FIG. 1 shows the effector used in Example 1 with N
It is a schematic diagram which shows the part in which the tlim1 gene was integrated.

2] In the reporter used in Example 1, P-
It is a schematic diagram which shows the part in which the fusion gene which has a BOX sequence was integrated.

FIG. 3 is a diagram showing the expression status of various genes in tobacco into which the Ntlim1 gene has been introduced in the sense or antisense direction.

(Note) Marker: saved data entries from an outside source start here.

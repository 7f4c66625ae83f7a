-- ===== src/Server/Auth/Logout.antt =====
-- What a logout does to the session and its tokens (auth.service.ts).

use seleksi2_labpro.Prelude.{
  same_text, ℕ, ◌≡◌, refl, sym, ap, subst, ◌∙◌, String, false, Option, none, some, List, [], ◌∷◌,
  ◌++◌, ok, err, Result, arith, Bool-cases, Option-cases, inl, inr, find_by, count, update_where,
  ◌>>=◌, ◌==◌, ◌===◌,
}
use seleksi2_labpro.Database.{Prisma, reference, IsDocumented, documented, rollback}
use seleksi2_labpro.Database.Rows.{find_by-update_where, updated}
use seleksi2_labpro.Schema.Accounts.{User}
use seleksi2_labpro.Schema.Sessions.{SsoSession}
use seleksi2_labpro.Server.Store.{ServerStore, ServerError}
use seleksi2_labpro.Server.Outbox.{enqueue, enqueue_many, enqueue_all, outbox_row, event_of}
use seleksi2_labpro.Server.Runtime.{Runtime, Settings, Call, hash_secret}
use seleksi2_labpro.Server.Auth.{
  is_live, is_session_hash, is_unrevoked, revoke, revoke_session, logout, get_current_session,
  refuse_session, admit_session, is_elapsed, invalid_session, logout_event,
}

-- No live session has the token of the cookie.
abbrev pub IsEnded : String → List SsoSession → Type 0
IsEnded h t =
    (r : SsoSession) → find_by (is_session_hash h) t ≡ some r → (now : ℕ) → is_live now r ≡ false

row_ended :
    (at now : ℕ) (r : SsoSession) → is_live now (updated (is_unrevoked r.id) (revoke at) r) ≡ false
row_ended at now r = ground (arith, same_text r.id)

IsEnded-row :
    (c : Call) (r : SsoSession) (h : String) (t : List SsoSession)
    → find_by (is_session_hash h) t ≡ some r
    → IsEnded h (update_where (is_unrevoked r.id) (revoke c.now) t)
IsEnded-row c r h t found x here now =
    let kept =
      find_by-update_where (is_session_hash h) (is_unrevoked r.id) (revoke c.now) t (λ y. refl) in
    let e : updated (is_unrevoked r.id) (revoke c.now) r ≡ x = ground (arith, kept) in
    subst (λ y. is_live now y ≡ false) e (row_ended c.now now r)

kept :
    (r : Result ServerError (Unit {0}) × ServerStore) (s : ServerStore)
    → r.0 ≡ ok tt
    → (rollback s r).1 ≡ r.1
kept (ok u, t) s h = refl
kept (err e, t) s h = ground arith

module _ (rt : Runtime) (cfg : Settings) (c : Call) where
  revoke_session-sessions :
      (r : SsoSession) (s : ServerStore)
      → ((revoke_session ⦃db = reference⦄ rt cfg c r s).0 ≡ ok tt)
        × ((revoke_session ⦃db = reference⦄ rt cfg c r s).1.sso_sessions
            ≡ update_where (is_unrevoked r.id) (revoke c.now) s.sso_sessions)
  unfolding revoke_session ◌>>=◌ enqueue
  revoke_session-sessions r s = elim (Bool-cases (count (is_unrevoked r.id) s.sso_sessions == 1)) [
    | inl one ↦ rw one (refl, refl)
    | inr other ↦ rw other (refl, refl)
  ]

  pub logout-sessions :
      (token : String) (s : ServerStore) (r : SsoSession)
      → find_by (is_session_hash (hash_secret rt token)) s.sso_sessions ≡ some r
      → (logout ⦃db = reference⦄ rt cfg c token s).1.sso_sessions
        ≡ update_where (is_unrevoked r.id) (revoke c.now) s.sso_sessions
  unfolding logout ◌>>=◌
  logout-sessions token s r found =
      let (done, sessions) = revoke_session-sessions r s in
      rw found (
        ap (λ (t : ServerStore). t.sso_sessions)
          (kept (revoke_session ⦃db = reference⦄ rt cfg c r s) s done)
        ∙ sessions)

  -- A session that the token does not find has ended already.
  logout-ends :
      (token : String) (s : ServerStore)
      → IsEnded (hash_secret rt token) (logout ⦃db = reference⦄ rt cfg c token s).1.sso_sessions
  unfolding logout ◌>>=◌
  logout-ends token s =
      elim (Option-cases (find_by (is_session_hash (hash_secret rt token)) s.sso_sessions)) [
        | inl nothing ↦ rw nothing (λ r here now. ground (arith, nothing, here))
        | inr (r, found) ↦
            subst (IsEnded (hash_secret rt token)) (sym (logout-sessions token s r found))
              (IsEnded-row c r (hash_secret rt token) s.sso_sessions found)
      ]

  refused :
      (o : Option SsoSession) (s : ServerStore)
      → (refuse_session ⦃db = reference⦄ rt cfg c o s).0 ≡ err invalid_session
  unfolding refuse_session ◌>>=◌
  refused none s = refl
  refused (some r) s = elim (Bool-cases (is_elapsed c.now r)) [
    | inl elapsed ↦ rw elapsed refl
    | inr lasting ↦ rw lasting refl
  ]

  pub ended-refused :
      (token : String) (s : ServerStore)
      → IsEnded (hash_secret rt token) s.sso_sessions
      → (get_current_session ⦃db = reference⦄ rt cfg c token s).0 ≡ err invalid_session
  unfolding get_current_session
  ended-refused token s ended =
      elim (Option-cases (find_by (is_session_hash (hash_secret rt token)) s.sso_sessions)) [
        | inl nothing ↦ rw nothing (refused none s)
        | inr (r, found) ↦
            rw found (by_owner r (find_by (λ u. u.id === r.user_id) s.users) (ended r found c.now))
      ]
    where
      by_owner :
          (r : SsoSession) (owner : Option User)
          → is_live c.now r ≡ false
          → (admit_session ⦃db = reference⦄ rt cfg c r owner s).0 ≡ err invalid_session
      by_owner r none h = refused (some r) s
      by_owner r (some u) h = rw h (refused (some r) s)

  -- The event that the logout of an unrevoked session leaves in the outbox.
  pub logout-outbox :
      (token : String) (s : ServerStore) (r : SsoSession)
      → find_by (is_session_hash (hash_secret rt token)) s.sso_sessions ≡ some r
      → count (is_unrevoked r.id) s.sso_sessions ≡ 1
      → (logout ⦃db = reference⦄ rt cfg c token s).1.outbox_events
        ≡ s.outbox_events ++ outbox_row (event_of rt (c.fresh_id, logout_event c r)) ∷ []
  unfolding logout revoke_session ◌>>=◌ enqueue enqueue_many enqueue_all
  logout-outbox token s r found one = rw (found, one) refl

module _ ⦃db : Prisma⦄ (l : IsDocumented db) where
  -- After a logout the cookie's token is refused at every later time, as long as the table of
  -- sessions is the one that the logout left.
  pub logout_refuses_token :
      (rt : Runtime) (cfg : Settings) (c c' : Call) (token : String) (s s' : ServerStore)
      → s'.sso_sessions ≡ (logout rt cfg c token s).1.sso_sessions
      → (get_current_session rt cfg c' token s').0 ≡ err invalid_session
  logout_refuses_token rt cfg c c' token s s' kept = rw (documented l) (
      ended-refused rt cfg c' token s' (
        subst (IsEnded (hash_secret rt token)) (sym (rw (documented l) at kept))
          (logout-ends rt cfg c token s)))
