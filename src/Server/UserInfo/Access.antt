-- ===== src/Server/UserInfo/Access.antt =====
-- Who is refused a profile (userinfo.service.ts).
use mathlib.Core.Option
use seleksi2_labpro.Prelude.{
  ℕ, ◌≡◌, refl, ◌∙◌, String, false, ◌&&◌, Option, none, some, List, err, arith, Bool-cases, inl,
  inr, some_and, find_by, update_where, ◌>>=◌, ◌===◌,
}
use seleksi2_labpro.Database.{Prisma, reference, IsDocumented, documented}
use seleksi2_labpro.Database.Rows.{find_by-update_where, find_by_sound, updated}
use seleksi2_labpro.Schema.Sessions.{AccessToken, SsoSession}
use seleksi2_labpro.Server.Store.{ServerStore, user_info}
use seleksi2_labpro.Server.Runtime.{Runtime, Settings, Call, hash_secret}
use seleksi2_labpro.Server.Auth.{is_unrevoked, is_session_hash, revoke, logout}
use seleksi2_labpro.Server.Auth.Logout.{logout-sessions}
use seleksi2_labpro.Server.UserInfo.{
  get_profile, read_profile, refuse_token, accept_token, is_valid, is_allowed, is_token_hash,
  is_elapsed_token, is_live_session, parse_bearer_token,
}

module _ (rt : Runtime) (c : Call) (s : ServerStore) (t : AccessToken) where
  pub refused :
      (header : Option String) (token : String)
      → parse_bearer_token header ≡ some token
      → find_by (is_token_hash (hash_secret rt token)) s.access_tokens ≡ some t
      → (is_valid ⦃db = reference⦄ rt c t s
          && is_allowed ⦃db = reference⦄ t.application_id t.user_id s)
        ≡ false
      → (get_profile ⦃db = reference⦄ rt c header s).0 ≡ err user_info
  unfolding get_profile read_profile refuse_token accept_token ◌>>=◌
  refused header token parsed found h = elim (Bool-cases (is_valid ⦃db = reference⦄ rt c t s)) [
    | inl valid ↦
        let denied : is_allowed ⦃db = reference⦄ t.application_id t.user_id s ≡ false =
          ground (arith, valid, h) in
        rw (parsed, found, valid, denied) refl
    | inr invalid ↦ elim (Bool-cases (is_elapsed_token c.now t)) [
      | inl elapsed ↦ rw (parsed, found, invalid, elapsed) refl
      | inr lasting ↦ rw (parsed, found, invalid, lasting) refl
    ]
  ]

-- The session of an identifier after a logout of that session.
no_live_session :
    (at now : ℕ) (id : String) (t : List SsoSession)
    → some_and
        (is_live_session now)
        (find_by (λ (r : SsoSession). r.id === id) (update_where (is_unrevoked id) (revoke at) t))
      ≡ false
no_live_session at now id t =
    rw
      (find_by-update_where (λ (r : SsoSession). r.id === id) (is_unrevoked id) (revoke at) t
        (λ r. refl))
      (row (find_by (λ (r : SsoSession). r.id === id) t) refl)
  where
    row :
        (o : Option SsoSession)
        → find_by (λ (r : SsoSession). r.id === id) t ≡ o
        → some_and (is_live_session now) (Option.map (updated (is_unrevoked id) (revoke at)) o)
          ≡ false
    row none e = refl
    row (some r) e = ground (arith, find_by_sound (λ (r : SsoSession). r.id === id) t r e)

invalid_token :
    (rt : Runtime) (c' : Call) (at : ℕ) (s s' : ServerStore) (r : SsoSession) (t : AccessToken)
    → s'.sso_sessions ≡ update_where (is_unrevoked r.id) (revoke at) s.sso_sessions
    → t.sso_session_id ≡ r.id
    → is_valid ⦃db = reference⦄ rt c' t s' ≡ false
invalid_token rt c' at s s' r t kept mine =
    rw (kept, mine) (ground (arith, no_live_session at c'.now r.id s.sso_sessions))

module _ ⦃db : Prisma⦄ (l : IsDocumented db) where
  -- After a logout no access token that was issued in the session gets a profile, at any later time,
  -- as long as the table of sessions is the one that the logout left.
  pub logout_refuses_profile :
      (rt : Runtime) (cfg : Settings) (c c' : Call) (cookie token : String) (header : Option String)
      (s s' : ServerStore) (r : SsoSession) (t : AccessToken)
      → find_by (is_session_hash (hash_secret rt cookie)) s.sso_sessions ≡ some r
      → s'.sso_sessions ≡ (logout rt cfg c cookie s).1.sso_sessions
      → parse_bearer_token header ≡ some token
      → find_by (is_token_hash (hash_secret rt token)) s'.access_tokens ≡ some t
      → t.sso_session_id ≡ r.id
      → (get_profile rt c' header s').0 ≡ err user_info
  logout_refuses_profile rt cfg c c' cookie token header s s' r t here kept parsed found mine =
      rw (documented l) (
        refused rt c' s' t header token parsed found (
          ground (
            arith,
            invalid_token rt c' c.now s s' r t
                ((rw (documented l) at kept) ∙ logout-sessions rt cfg c cookie s r here) mine,
          )))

─────────────────────────────────────────────────── ─── Continuation of front page (51) Int.Cl. ⁷ Identification code FI C12R 1:91) C12N 5/00 C (C12N 15/09 ZNA C12R 1:91) (C12P 21/02 C12R 1:91) ( 56) References JP-A-10-94392 (JP, A) Baltz R. et al. et al. , Pl ant Journal, Vol. 2 (5), pp. 713-721 (1992) (58) Fields investigated (Int.Cl. ⁷ , DB name) C12N 15/09 ZNA A01H 5/00 C12N 5/10 C12P 21/02 BIOSIS (DIALOG) WPIDS (STN) SwissProt / PIR / GeneS eq GenBank / EMBL / DDBJ / Gene Seq

Claims (8)

(57) [Claims] 1. A DN comprising the nucleotide sequence shown in SEQ ID NO: 1.
A. 2. A DN comprising the nucleotide sequence shown in SEQ ID NO: 1.
A DNA that hybridizes with A under stringent conditions and that encodes a transcription factor that controls the phenylpropanoid biosynthetic pathway. 3. A recombinant vector having the DNA according to claim 1 or 2. 4. A recombinant vector having the DNA according to claim 1 or 2 in the sense direction. 5. A recombinant vector having the DNA according to claim 1 or 2 in the antisense direction. 6. A plant cell into which the DNA according to claim 1 or 2 is introduced. 7. A plant regenerated from the plant cell according to claim 6. 8. A protein encoded by the DNA according to claim 1 or 2.